Un défi budgétaire et d‘attractivité pour le gouvernement Bayrou
Tout l’enjeu désormais pour le gouvernement Bayrou sera de tenter de restaurer les relations entre l’État et les syndicats de la fonction publique. Une tâche qui s’annonce ardue au vu des traces laissées par les gouvernements Attal et Barnier. L’équipe Bayrou aura rapidement à préciser ses intentions pour la fonction publique et des questions concrètes se poseront dès le début d’année au nouveau gouvernement dans le cadre de la préparation du budget : quelle trajectoire voudra-t-il pour les effectifs de la fonction publique et comptera-t-il lui aussi baisser l’indemnisation des agents publics durant leurs arrêts maladie, comme le souhaitait le gouvernement Barnier ? Le Sénat, dominé par la droite, promet en tout cas déjà de remettre ces mesures sur la table dans le cadre du budget, dont l’examen a été interrompu par la censure du gouvernement Barnier.
Au-delà de ces enjeux budgétaires, le gouvernement Bayrou devra préciser ce qu’il compte faire pour enrayer la crise d’attractivité du secteur public. Dans un rapport publié début décembre, France Stratégie lance un nouveau “message d’alerte” à propos de cette problématique. L’organisme de réflexion placé auprès de Matignon y pointe notamment un “déclassement salarial” de la fonction publique.
“Il y a véritablement urgence pour sauver le service public”, a réagi le porte-parole de la Coordination des employeurs territoriaux, Philippe Laurent, après la publication de ce rapport.

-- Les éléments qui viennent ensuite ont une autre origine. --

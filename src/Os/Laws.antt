-- ===== src/Os/Laws.antt =====
-- What POSIX documents of the calls: which bytes a connection carries.
use shp.Base.{
  ℕ, suc, ◌≤◌, ◌<◌, ◌∷◌, ◌≡◌, ℤ, pos, List, ◌++◌, some, none, length, take, is_negative, true,
}
use shp.Memory.{Memory}
use shp.Memory.Bytes.{IsBytes}
use shp.Os.{Os}

-- A positive result of `send` counts the bytes taken, from the front of those offered; otherwise
-- none was taken. Nothing else writes to the connection.
pub record SendLaws (os : Os) : Type 1 where
  pub outgoing : os.World → ℤ → Memory
  pub select_write-outgoing :
      (fd : ℤ) (limit : ℕ) (w : os.World)
      → outgoing (os.select_write fd limit w).1 fd ≡ outgoing w fd
  pub send_some :
      (fd : ℤ) (bytes : Memory) (w : os.World) (k : ℕ)
      → (os.send fd bytes w).0 ≡ pos (suc k)
      → (suc k ≤ length bytes)
        × (outgoing (os.send fd bytes w).1 fd ≡ outgoing w fd ++ take (suc k) bytes)
  pub send_zero :
      (fd : ℤ) (bytes : Memory) (w : os.World)
      → (os.send fd bytes w).0 ≡ pos 0
      → outgoing (os.send fd bytes w).1 fd ≡ outgoing w fd
  pub send_error :
      (fd : ℤ) (bytes : Memory) (w : os.World)
      → is_negative (os.send fd bytes w).0 ≡ true
      → outgoing (os.send fd bytes w).1 fd ≡ outgoing w fd

-- `recv` takes no more bytes than asked for, from the front of those on the way.
pub record RecvLaws (os : Os) : Type 1 where
  pub incoming : os.World → ℤ → List ℕ
  pub select_read-incoming :
      (fd : ℤ) (limit : ℕ) (w : os.World)
      → incoming (os.select_read fd limit w).1 fd ≡ incoming w fd
  pub recv_some :
      (fd : ℤ) (n : ℕ) (w : os.World) (bytes : List ℕ)
      → (os.recv fd n w).0 ≡ some bytes
      → (length bytes ≤ n) × (incoming w fd ≡ bytes ++ incoming (os.recv fd n w).1 fd)
  pub recv_none :
      (fd : ℤ) (n : ℕ) (w : os.World)
      → (os.recv fd n w).0 ≡ none
      → incoming (os.recv fd n w).1 fd ≡ incoming w fd

-- A connection on which what was sent has arrived: `select` and `recv` do not wait for it.
pub record IsPrompt (os : Os) (laws : RecvLaws os) : Type 0 where
  pub select_ready :
      (fd : ℤ) (limit : ℕ) (w : os.World)
      → 0 < length (laws.incoming w fd)
      → (os.select_read fd limit w).0.0 ≡ pos 1
  pub recv_ready :
      (fd : ℤ) (n : ℕ) (w : os.World)
      → 0 < n
      → 0 < length (laws.incoming w fd)
      → (b : ℕ) × (bs : List ℕ) × ((os.recv fd n w).0 ≡ some (b ∷ bs))

-- What comes off a connection are bytes.
pub record IsBytewise (os : Os) (laws : RecvLaws os) : Type 0 where
  pub incoming_bytes : (fd : ℤ) (w : os.World) → IsBytes (laws.incoming w fd)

Et de regretter que “trois ans” aient été “perdus” sur la question de l’attractivité, “malgré les chantiers annoncés par Stanislas Guerini, qui avait manifesté une vraie volonté de traiter le sujet et initié quelques réflexions”. “Mais il y a pire, a ajouté le maire UDI de Sceaux. Les récentes critiques et attaques contre les agents publics provenant de personnalités haut placées de l’État et de certains dirigeants politiques du pays, et les rapports à charge de quelques institutions, ont encore davantage abîmé l’image de la fonction publique, du service public et des agents publics qui le servent, créant chez ces derniers un fort sentiment d’abandon et de relégation.” Charge aujourd’hui au nouveau Premier ministre et à son gouvernement de tenter de retisser le lien avec les agents publics.